Description of the task
Every line of the records below that holds the word "saved" should be copied out.

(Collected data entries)
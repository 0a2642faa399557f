-- ===== src/Extract/Pipeline/Safety.antt =====
-- What stands behind a decision of the worker.
use prompt_flow_ai.Prelude.{
  ℕ, ◌≡◌, ◌≢◌, ◌↔◌, ◌⊎◌, ◌≤◌, true, false, not, ◌||◌, none, arith, inl, inr, non_empty, str_eq,
  eq_iff,
}
use prompt_flow_ai.Extract.Schemas.{
  Settings, settings, auto_save, block, active, EnrichedContext, nlp,
}
use prompt_flow_ai.Extract.Payload.{IngestedPayload}
use prompt_flow_ai.Extract.Truth.{has_text}
use prompt_flow_ai.Extract.Tiers.Regex.{extract_with_regex}
use prompt_flow_ai.Extract.Routing.{chosen_threshold, is_invalid_status}
use prompt_flow_ai.Extract.Routing.Laws.{has_action, table, compute_routing-eq-table}
use prompt_flow_ai.Extract.Cascade.Bounds.{llm_gate_and_cap, nlp_titled_score}
use prompt_flow_ai.Extract.Pipeline.{
  World, build_validation_issues, context_of, extraction_of, routing_of,
}

-- Every flag of the security block is good.
pub record IsClean (p : IngestedPayload) : Type 0 where
  pub redacted : p.security.pii_redacted ≡ true
  pub verified : p.security.source_domain_verified ≡ true
  pub scanned : p.security.clamav_result ≡ "CLEAN"

block_issues :
    (p : IngestedPayload) (ctx : EnrichedContext)
    → has_action "BLOCK" (build_validation_issues p ctx) ≡ (
        not p.security.pii_redacted
        || not p.security.source_domain_verified
        || not (str_eq p.security.clamav_result "CLEAN")
        || is_invalid_status ctx.faculty_status)
unfolding build_validation_issues is_invalid_status
block_issues p ctx = ground (arith, eq_iff "REVIEW_REQUIRED" "BLOCK")

review_issues :
    (p : IngestedPayload) (ctx : EnrichedContext)
    → has_action "REVIEW_REQUIRED" (build_validation_issues p ctx)
      ≡ not (non_empty p.content.attachments)
unfolding build_validation_issues is_invalid_status
review_issues p ctx = ground (arith, eq_iff "BLOCK" "REVIEW_REQUIRED")

routing-eq-table :
    (c : Settings) (w : World) (p : IngestedPayload)
    → let ctx = context_of c w p in
      (routing_of c w p).final_action
      ≡ table ctx.faculty_status
          (extraction_of c w p).confidence.score
          c.default_confidence_threshold
          (build_validation_issues p ctx)
unfolding routing_of chosen_threshold
routing-eq-table c w p = (compute_routing-eq-table c _ _ _ none).0

-- An event is saved automatically exactly when PII was redacted, the domain verified and the scan clean, the faculty
-- member is active, there is an attachment, and the confidence reaches the default threshold.
pub auto_save_iff :
    (c : Settings) (w : World) (p : IngestedPayload)
    → ((routing_of c w p).final_action ≡ auto_save) ↔ (
        IsClean p
        × ((context_of c w p).faculty_status ≡ active)
        × (non_empty p.content.attachments ≡ true)
        × (c.default_confidence_threshold ≤ (extraction_of c w p).confidence.score))
auto_save_iff c w p = rw (routing-eq-table c w p) (
    unfold table is_invalid_status in
    rw (block_issues p (context_of c w p), review_issues p (context_of c w p))
      (
        λ h. (
          record {
            redacted = ground arith;
            verified = ground arith;
            scanned = ground (arith, eq_iff p.security.clamav_result "CLEAN");
          },
          ground arith,
          ground arith,
          ground arith,
        ),
        λ h. ground (
          arith,
          h.0.redacted,
          h.0.verified,
          h.0.scanned,
          h.1,
          h.2,
          h.3,
          eq_iff p.security.clamav_result "CLEAN",
        ),
      ))

-- An event is blocked exactly when a security flag is bad or the faculty member is inactive or not found.
pub block_iff :
    (c : Settings) (w : World) (p : IngestedPayload)
    → ((routing_of c w p).final_action ≡ block) ↔ (
        (p.security.pii_redacted ≡ false)
        ⊎ (p.security.source_domain_verified ≡ false)
        ⊎ (p.security.clamav_result ≢ "CLEAN")
        ⊎ ((context_of c w p).faculty_status ≢ active))
block_iff c w p = rw (routing-eq-table c w p) (
    unfold table is_invalid_status in
    rw (block_issues p (context_of c w p), review_issues p (context_of c w p))
      (
        λ h. ground (arith, eq_iff p.security.clamav_result "CLEAN"),
        λ h. ground (arith, eq_iff p.security.clamav_result "CLEAN"),
      ))

-- With the default settings, a text with a title line that neither CrossRef nor the LLM has confirmed is never saved
-- automatically.
pub auto_save-ne-nlp :
    (w : World) (p : IngestedPayload)
    → has_text (extract_with_regex w.sources.patterns p.content.raw_text).title_candidate ≡ true
    → (routing_of settings w p).final_action ≡ auto_save
    → (extraction_of settings w p).metadata.tier_used ≢ nlp
auto_save-ne-nlp w p titled saved =
    let score = ((auto_save_iff settings w p).0 saved).3 in
    unfold extraction_of in
    elim (llm_gate_and_cap settings w.sources p.content.raw_text) [
      | inl (l, _, _) ↦ λ e. cc (l, e)
      | inr (_, m, s) ↦ λ e.
          low (rw s at score) (nlp_titled_score w.sources p.content.raw_text titled (rw m at e))
    ]
  where
    low : {n : ℕ} → 7500 ≤ n → n ≤ 7050 → ⊥
    low h k = omega arith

Task result
-- An event is saved automatically exactly when PII was redacted, the domain verified and the scan clean, the faculty
-- With the default settings, a text with a title line that neither CrossRef nor the LLM has confirmed is never saved
auto_save-ne-nlp w p titled saved =
    let score = ((auto_save_iff settings w p).0 saved).3 in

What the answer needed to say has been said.